_Work to complete_: Go through the entries below and print, exactly, the lines starting at the one with "let row = row_of text task in" and ending at the one with "(tx : W × Option", keeping both ends and no others.

_Data excerpts_:
>>

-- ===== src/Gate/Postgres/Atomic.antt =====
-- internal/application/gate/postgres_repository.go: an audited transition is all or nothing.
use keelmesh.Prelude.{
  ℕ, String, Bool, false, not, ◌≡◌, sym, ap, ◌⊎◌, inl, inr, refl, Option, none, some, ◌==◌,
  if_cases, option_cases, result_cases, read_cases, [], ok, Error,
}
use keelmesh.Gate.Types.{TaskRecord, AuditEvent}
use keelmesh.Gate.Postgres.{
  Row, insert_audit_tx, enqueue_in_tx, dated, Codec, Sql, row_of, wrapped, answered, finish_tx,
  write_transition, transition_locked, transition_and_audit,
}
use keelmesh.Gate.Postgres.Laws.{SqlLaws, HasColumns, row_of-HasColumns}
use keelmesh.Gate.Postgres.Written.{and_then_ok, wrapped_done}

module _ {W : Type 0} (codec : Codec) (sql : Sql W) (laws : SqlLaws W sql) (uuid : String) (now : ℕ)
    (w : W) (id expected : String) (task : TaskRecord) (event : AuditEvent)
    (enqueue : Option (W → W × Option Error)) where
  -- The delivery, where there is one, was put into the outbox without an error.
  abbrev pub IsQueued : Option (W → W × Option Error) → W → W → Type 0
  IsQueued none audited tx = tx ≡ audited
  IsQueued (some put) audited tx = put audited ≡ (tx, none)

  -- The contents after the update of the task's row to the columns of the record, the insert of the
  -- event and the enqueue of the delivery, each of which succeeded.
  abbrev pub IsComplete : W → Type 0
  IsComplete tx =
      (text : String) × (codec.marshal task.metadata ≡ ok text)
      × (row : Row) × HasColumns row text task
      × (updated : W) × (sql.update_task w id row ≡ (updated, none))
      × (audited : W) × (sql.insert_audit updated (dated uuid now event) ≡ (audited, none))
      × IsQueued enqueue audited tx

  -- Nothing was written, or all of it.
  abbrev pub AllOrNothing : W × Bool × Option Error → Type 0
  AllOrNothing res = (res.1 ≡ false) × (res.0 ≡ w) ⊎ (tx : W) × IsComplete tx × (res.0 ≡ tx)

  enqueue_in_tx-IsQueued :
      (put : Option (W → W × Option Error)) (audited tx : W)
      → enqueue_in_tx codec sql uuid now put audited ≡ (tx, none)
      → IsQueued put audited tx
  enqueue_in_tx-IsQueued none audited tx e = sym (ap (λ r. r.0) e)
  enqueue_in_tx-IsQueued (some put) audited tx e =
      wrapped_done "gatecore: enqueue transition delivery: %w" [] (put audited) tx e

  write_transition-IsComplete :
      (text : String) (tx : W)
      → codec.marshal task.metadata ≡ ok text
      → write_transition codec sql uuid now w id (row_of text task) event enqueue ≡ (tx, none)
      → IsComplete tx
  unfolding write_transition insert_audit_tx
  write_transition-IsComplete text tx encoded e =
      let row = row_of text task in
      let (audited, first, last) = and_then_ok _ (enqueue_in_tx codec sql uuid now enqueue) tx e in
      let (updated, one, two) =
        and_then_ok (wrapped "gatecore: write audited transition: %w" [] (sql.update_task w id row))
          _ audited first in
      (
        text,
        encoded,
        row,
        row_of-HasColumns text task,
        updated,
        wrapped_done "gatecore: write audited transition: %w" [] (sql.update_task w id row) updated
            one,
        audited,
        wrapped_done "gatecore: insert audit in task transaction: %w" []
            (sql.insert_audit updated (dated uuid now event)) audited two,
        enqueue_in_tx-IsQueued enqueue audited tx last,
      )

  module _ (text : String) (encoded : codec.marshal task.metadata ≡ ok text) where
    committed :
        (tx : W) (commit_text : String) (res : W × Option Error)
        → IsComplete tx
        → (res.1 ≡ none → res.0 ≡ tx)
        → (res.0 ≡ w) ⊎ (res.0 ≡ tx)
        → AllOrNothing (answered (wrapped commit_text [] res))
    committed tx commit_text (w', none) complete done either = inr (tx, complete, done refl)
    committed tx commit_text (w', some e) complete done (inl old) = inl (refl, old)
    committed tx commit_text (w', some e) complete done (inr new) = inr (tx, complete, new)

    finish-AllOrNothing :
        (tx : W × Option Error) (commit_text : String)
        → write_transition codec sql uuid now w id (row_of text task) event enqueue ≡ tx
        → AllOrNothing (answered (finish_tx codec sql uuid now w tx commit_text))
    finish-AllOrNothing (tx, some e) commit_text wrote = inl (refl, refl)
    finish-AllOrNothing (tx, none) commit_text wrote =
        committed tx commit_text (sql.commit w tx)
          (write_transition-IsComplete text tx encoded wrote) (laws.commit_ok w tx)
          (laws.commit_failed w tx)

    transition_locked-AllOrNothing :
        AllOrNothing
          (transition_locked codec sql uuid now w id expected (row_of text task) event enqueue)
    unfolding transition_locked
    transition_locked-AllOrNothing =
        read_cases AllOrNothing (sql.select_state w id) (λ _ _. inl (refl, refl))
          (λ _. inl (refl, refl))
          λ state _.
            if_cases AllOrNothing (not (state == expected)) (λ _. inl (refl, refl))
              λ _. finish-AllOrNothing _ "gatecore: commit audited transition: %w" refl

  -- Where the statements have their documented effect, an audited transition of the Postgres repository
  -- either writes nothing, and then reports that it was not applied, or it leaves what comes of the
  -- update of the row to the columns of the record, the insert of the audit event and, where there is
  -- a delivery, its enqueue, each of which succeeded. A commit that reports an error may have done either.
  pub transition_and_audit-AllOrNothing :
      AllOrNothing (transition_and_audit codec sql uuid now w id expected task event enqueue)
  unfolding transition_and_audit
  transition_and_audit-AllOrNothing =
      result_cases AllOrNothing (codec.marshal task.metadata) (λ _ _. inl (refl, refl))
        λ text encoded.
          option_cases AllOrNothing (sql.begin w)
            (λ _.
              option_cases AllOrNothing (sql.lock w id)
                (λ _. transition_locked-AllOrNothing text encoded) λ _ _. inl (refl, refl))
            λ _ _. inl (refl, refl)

<<

_Solution for this problem_:
      let row = row_of text task in
      let (audited, first, last) = and_then_ok _ (enqueue_in_tx codec sql uuid now enqueue) tx e in
      let (updated, one, two) =
        and_then_ok (wrapped "gatecore: write audited transition: %w" [] (sql.update_task w id row))
          _ audited first in
      (
        text,
        encoded,
        row,
        row_of-HasColumns text task,
        updated,
        wrapped_done "gatecore: write audited transition: %w" [] (sql.update_task w id row) updated
            one,
        audited,
        wrapped_done "gatecore: insert audit in task transaction: %w" []
            (sql.insert_audit updated (dated uuid now event)) audited two,
        enqueue_in_tx-IsQueued enqueue audited tx last,
      )

  module _ (text : String) (encoded : codec.marshal task.metadata ≡ ok text) where
    committed :
        (tx : W) (commit_text : String) (res : W × Option Error)
        → IsComplete tx
        → (res.1 ≡ none → res.0 ≡ tx)
        → (res.0 ≡ w) ⊎ (res.0 ≡ tx)
        → AllOrNothing (answered (wrapped commit_text [] res))
    committed tx commit_text (w', none) complete done either = inr (tx, complete, done refl)
    committed tx commit_text (w', some e) complete done (inl old) = inl (refl, old)
    committed tx commit_text (w', some e) complete done (inr new) = inr (tx, complete, new)

    finish-AllOrNothing :
        (tx : W × Option Error) (commit_text : String)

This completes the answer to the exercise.